И вот чудо: в бараке №10 Аушвица, там, где сама земля пропитана страданием, на пять минут не стало ни жертв, ни убийц. Только люди. Одни – впервые за долгие месяцы, вспомнившие, что ими остаются. Другие – неожиданно для себя осознавшие, что ими все еще могут быть.
Когда Альма закончила играть, первыми зааплодировали женщины-узницы, а следом – Мария Мандель с офицерами. Виртуозная игра скрипачки поразила ее в самое сердце.
Пока звучала скрипка, мысли Мандель унеслись в Германию. В детство, где она – тринадцатилетняя девочка с косичками, – каталась на велосипеде по полю возле дома. Там было легко и свободно. Там были родители. Там не было концлагеря, узников, которых нужно убивать во имя «чистоты нации». Тех самых, что порой являлись ей в ночных кошмарах, заставляя просыпаться в холодном поту.
Там все было просто. А здесь…
На ее глаза навернулись слезы, и она не сразу осознала, что музыка стихла. Альма уже не играла, а стояла, вопросительно глядя на нее. Прошло несколько мгновений, прежде чем Мандель пришла в себя. Она улыбнулась скрипачке, а про себя подумала:
«Нет, она не просто музыкант. Наверняка играла в оркестре – в филармонии, не иначе. Так виртуозно владеть скрипкой может только профессионал. Это не та музыка, что звучит в кабаках или на свадьбах…»
– Ты раньше работала профессиональным музыкантом? – спросила она Альму.
– Да, – коротко ответила та.
Мандель прищурилась.
– И где же ты играла? В какой филармонии?
Голос Альмы прозвучал ровно, но в нем слышалась гордость:
– В Вене. У меня был собственный женский оркестр. Лучшие залы Европы аплодировали мне стоя.
Офицеры переглянулись. Мандель медленно обвела взглядом Альму, будто видя ее впервые.
– Тебе рукоплескали лучшие театры Европы? – ее голос дрогнул. – Кто ты?
Тишина повисла густым, почти осязаемым пологом.
– Я – Альма Розе.
Имя словно электрический разряд, пронзило воздух.
– Меня арестовали в Париже после концерта – за еврейскую кровь. Несколько месяцев тюрьмы…а потом – сюда.

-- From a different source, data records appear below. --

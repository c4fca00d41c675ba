-- ===== src/Elf/Loader/Segment.antt =====
-- src/boot/elf.rs: what a segment that is loaded leaves in memory and in the loader.
use mathlib.Core.Path.{ap₂}
use towboot_rust.Prelude.{
  ℕ, ◌*◌, ◌≤◌, ◌≡◌, refl, sym, ap, ◌∙◌, true, Option, none, some, List, leb, ◌==◌, Outcome, ok, err,
  panic, narrow, narrow-eq-ok, Target, assert, Result, done, failed, String, length, unwrap,
  unwrap-eq-ok, arith, ==_iff,
}
use towboot_rust.Prelude.OrderedMap.{lookup, insert, replaced, lookup-insert}
use towboot_rust.Firmware.{Status, World, PageServices}
use towboot_rust.Firmware.Exec.{
  lift, attempt, settle, >>=-eq-ok, continue-eq-ok, memory-eq, outcome-eq,
}
use towboot_rust.Mem.Map.{page_size}
use towboot_rust.Mem.Allocation.{Allocation, new_at}
use towboot_rust.Mem.Allocation.Memory.{free-Keeps, new_at-Keeps}
use towboot_rust.Mem.Bytes.{fill, write, slice?}
use towboot_rust.Elf.Loader.{
  ProgramHeader, OurElfLoader, free_replaced, clear, allocated, allocate, copy_region, load,
  load_range, load_segment, pt_load, find_entry,
}

module _ (t : Target) {S : Type 0} (f : PageServices S) where
  -- What `allocate` does when it succeeds.
  pub record IsAllocated (header : ProgramHeader) (l l' : OurElfLoader) (w w' : World S)
      : Type 0 where
    pub segment : Allocation
    pub recorded : l'.allocations ≡ insert header.p_vaddr segment l.allocations
    pub same_entry : l'.virtual_entry_point ≡ l.virtual_entry_point
    pub entry : find_entry t header l ≡ ok l'.physical_entry_point
    pub granted : (new_at f header.p_paddr header.p_memsz w).0 ≡ ok segment
    pub cleared : w'.memory ≡ fill segment.ptr (segment.pages * page_size) 0 w.memory

  free_replaced-Keeps :
      (o : Option Allocation) (w : World S) → (free_replaced t f o w).1.memory ≡ w.memory
  free_replaced-Keeps none w = refl
  free_replaced-Keeps (some a) w = free-Keeps f ⊥ a w

  settle-eq-done :
      (o : Outcome Status Allocation) (a : Allocation) → settle {E = ⊥} o ≡ ok (done a) → o ≡ ok a
  settle-eq-done (ok b) a h = ground arith
  settle-eq-done (err e) a h = ground arith
  settle-eq-done (panic m) a h = ground arith

  allocated-lem :
      (header : ProgramHeader) (l l' : OurElfLoader) (r : Result Status Allocation) (w w' : World S)
      → allocated t f header l r w ≡ (ok (done tt, l'), w')
      → (a : Allocation) × (r ≡ done a)
        × (l'.allocations ≡ insert header.p_vaddr a l.allocations)
        × (l'.virtual_entry_point ≡ l.virtual_entry_point)
        × (find_entry t header l ≡ ok l'.physical_entry_point)
        × (w'.memory ≡ fill a.ptr (a.pages * page_size) 0 w.memory)
  allocated-lem header l l' (failed e) w w' h =
      cc (ap (λ (r : Outcome ⊥ (Result String (Unit {0}) × OurElfLoader) × World S). r.0) h)
  allocated-lem header l l' (done a) w w' h =
      let (_, w1, e1, h1) = >>=-eq-ok (clear t f a) _ w h in
      let (_, w2, e2, h2) =
        >>=-eq-ok (free_replaced t f (replaced header.p_vaddr l.allocations)) _ w1 h1 in
      let (entry, w3, e3, h3) = >>=-eq-ok (lift (find_entry t header l)) _ w2 h2 in
      let m1 = memory-eq e1 in
      let m2 = memory-eq e2 in
      let m3 = memory-eq e3 in
      let m4 = memory-eq h3 in
      let found = outcome-eq e3 in
      let final = outcome-eq h3 in
      (
        a,
        refl,
        ground (arith, final),
        ground (arith, final),
        found ∙ ground (arith, final),
        sym m4
            ∙ sym m3
            ∙ sym m2
            ∙ free_replaced-Keeps (replaced header.p_vaddr l.allocations) w1
            ∙ sym m1,
      )

  pub allocate-IsAllocated :
      (header : ProgramHeader) (l l' : OurElfLoader) (w w' : World S)
      → allocate t f header l w ≡ (ok (done tt, l'), w')
      → IsAllocated header l l' w w'
  unfolding allocate
  allocate-IsAllocated header l l' w w' h =
      let (addr, e1, h1) = continue-eq-ok (narrow t.usize_bits header.p_paddr) _ w h in
      let (size, e2, h2) = continue-eq-ok (narrow t.usize_bits header.p_memsz) _ w h1 in
      let (r, w3, e3, h3) = >>=-eq-ok (attempt (new_at f addr size)) _ w h2 in
      let (a, done_a, recorded, same, entry, cleared) = allocated-lem header l l' r w3 w' h3 in
      let addr_eq = (narrow-eq-ok t.usize_bits header.p_paddr addr e1).0 in
      let size_eq = (narrow-eq-ok t.usize_bits header.p_memsz size e2).0 in
      record {
        segment = a;
        recorded = recorded;
        same_entry = same;
        entry = entry;
        granted =
            ap₂ (λ n m. (new_at f n m w).0) (sym addr_eq) (sym size_eq)
            ∙ settle-eq-done (new_at f addr size w).0 a (outcome-eq e3 ∙ ap ok done_a);
        cleared =
            cleared
            ∙ ap (fill a.ptr (a.pages * page_size) 0)
                (sym (memory-eq e3) ∙ new_at-Keeps f addr size w);
      }

  -- What `load_segment` does with a segment to be loaded, when it succeeds: the part of the file that
  -- the header names is written over the cleared pages of a new allocation, which has room for it
  -- and is recorded under the segment's virtual address.
  pub record IsLoaded (header : ProgramHeader) (bytes : List ℕ) (l l' : OurElfLoader)
      (w w' : World S) : Type 0 where
    pub segment : Allocation
    pub region : List ℕ
    pub recorded : l'.allocations ≡ insert header.p_vaddr segment l.allocations
    pub same_entry : l'.virtual_entry_point ≡ l.virtual_entry_point
    pub entry : find_entry t header l ≡ ok l'.physical_entry_point
    pub granted : (new_at f header.p_paddr header.p_memsz w).0 ≡ ok segment
    pub sliced : slice? bytes header.file_start header.file_end ≡ some region
    pub room : length region ≤ segment.len
    pub written :
        w'.memory
        ≡ write segment.ptr region (fill segment.ptr (segment.pages * page_size) 0 w.memory)

  load_range-lem :
      (header : ProgramHeader) (bytes : List ℕ) (a : Allocation) (l l' : OurElfLoader)
      (w w' : World S)
      → lookup header.p_vaddr l.allocations ≡ some a
      → load_range t f header bytes (done tt, l) w ≡ (ok (done tt, l'), w')
      → (region : List ℕ) × (l' ≡ l)
        × (slice? bytes header.file_start header.file_end ≡ some region)
        × (length region ≤ a.len)
        × (w'.memory ≡ write a.ptr region w.memory)
  unfolding load
  load_range-lem header bytes a l l' w w' found h =
      let (region, e1, h1) =
        continue-eq-ok
          (unwrap (slice? bytes header.file_start header.file_end) "range out of bounds") _ w h in
      let (b, e2, h2) =
        continue-eq-ok (unwrap (lookup header.p_vaddr l.allocations) "we didn't allocate the base")
          _ w h1 in
      let (_, e3, h3) =
        continue-eq-ok
          (assert (leb (length region) b.len) "it doesn't fit into the memory allocated for it") _ w
          h2 in
      let (_, w4, e4, h4) = >>=-eq-ok (copy_region t f b region) _ w h3 in
      let same : b ≡ a = ground (
        arith,
        found,
        unwrap-eq-ok (lookup header.p_vaddr l.allocations) "we didn't allocate the base" b e2,
      ) in
      let final = outcome-eq h4 in
      (
        region,
        ground (arith, final),
        unwrap-eq-ok (slice? bytes header.file_start header.file_end) "range out of bounds" region
            e1,
        ground (arith, e3, same),
        sym (memory-eq h4)
            ∙ sym (memory-eq e4)
            ∙ ap (λ (c : Allocation). write c.ptr region w.memory) same,
      )

  loaded :
      (header : ProgramHeader) (bytes : List ℕ) (l l' : OurElfLoader) (w w1 w' : World S)
      (r : Result String (Unit {0}) × OurElfLoader)
      → allocate t f header l w ≡ (ok r, w1)
      → load_range t f header bytes r w1 ≡ (ok (done tt, l'), w')
      → IsLoaded header bytes l l' w w'
  loaded header bytes l l' w w1 w' (failed m, mid) e h = let e' = outcome-eq h in ground (arith, e')
  loaded header bytes l l' w w1 w' (done _, mid) e h =
      let a = allocate-IsAllocated header l mid w w1 e in
      let found : lookup header.p_vaddr mid.allocations ≡ some a.segment =
        ap (lookup header.p_vaddr) a.recorded
        ∙ ground (arith, lookup-insert header.p_vaddr header.p_vaddr a.segment l.allocations) in
      let (region, same, sliced, room, written) =
        load_range-lem header bytes a.segment mid l' w1 w' found h in
      record {
        segment = a.segment;
        region = region;
        recorded = ap (λ (k : OurElfLoader). k.allocations) same ∙ a.recorded;
        same_entry = ap (λ (k : OurElfLoader). k.virtual_entry_point) same ∙ a.same_entry;
        entry = a.entry ∙ ap (λ (k : OurElfLoader). ok k.physical_entry_point) (sym same);
        granted = a.granted;
        sliced = sliced;
        room = room;
        written = written ∙ ap (write a.segment.ptr region) a.cleared;
      }

  -- When `load_segment` succeeds on a segment of type PT_LOAD, the part of the file that the
  -- header names, which fits the segment, is written over the cleared pages of the allocation
  -- that `new_at` granted; that is recorded under the virtual address; the virtual entry point
  -- is kept and the physical one is what `find_entry` gives.
  pub load_segment-IsLoaded :
      (header : ProgramHeader) (bytes : List ℕ) (l l' : OurElfLoader) (w w' : World S)
      → header.p_type ≡ pt_load
      → load_segment t f header bytes l w ≡ (ok (done tt, l'), w')
      → IsLoaded header bytes l l' w w'
  unfolding load_segment
  load_segment-IsLoaded header bytes l l' w w' loadable h =
      let test : (header.p_type == pt_load) ≡ true = (==_iff header.p_type pt_load).1 loadable in
      let (r, w1, e1, h1) =
        >>=-eq-ok (allocate t f header l) (load_range t f header bytes) w (rw test at h) in
      loaded header bytes l l' w w1 w' r e1 h1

Изумление отразилось не только на лицах Мандель и офицеров. По рядам женщин пробежал шепот, будто ветер по сухой траве:
«Альма Розе…Вторая скрипка Европы…Боже, это же она!».
– Ты…правда та самая Альма Розе? – после тяжелой паузы спросила Мария.
– Да, – просто ответила Альма, глядя ей прямо в глаза.
– Вот это сюрприз! – Мандель резко рассмеялась, и смех этот прозвучал неестественно в сером лагерном воздухе. – Ну ладно…Что ты там просила принести?
– Одеяла и матрасы. Невыносимо спать на голой земле.
Мария задержала взгляд на ранах на лице и руках, которые остались после побоев.
– Принесут. Все принесут, – она резко повернулась к охраннику, тому самому, что бил Альму минуту назад. – Немедленно обеспечьте их барак одеялами и матрасами. Всех.
Охранник замер на мгновение. Его пальцы непроизвольно сжались – он явно представлял, как они впиваются в шею Альмы. Но приказ есть приказ.
– Слушаюсь, шарфюрер, – сквозь зубы выдавил он и медленно зашагал прочь, спиной выражая весь свой немой гнев. Он ненавидел ее. Ненавидел за талант, за гордость, за то, что она, еврейка, осмелилась быть лучше него.
А Альма стояла, чувствуя на себе взгляды женщин – теперь уже не только испуганные, но и с проблесками надежды.
Ему казалось, что она слишком горда и надменна для узницы концлагеря. Но куда больше его удивило и озадачило то, что Мария Мандель – самая суровая комендантша лагеря – внезапно проявила к скрипачке симпатию и даже выполняла ее просьбу. Пусть и нехотя, он отправился исполнять поручение: ослушаться приказа главной надзирательницы женского блока значило подписать себе смертный приговор.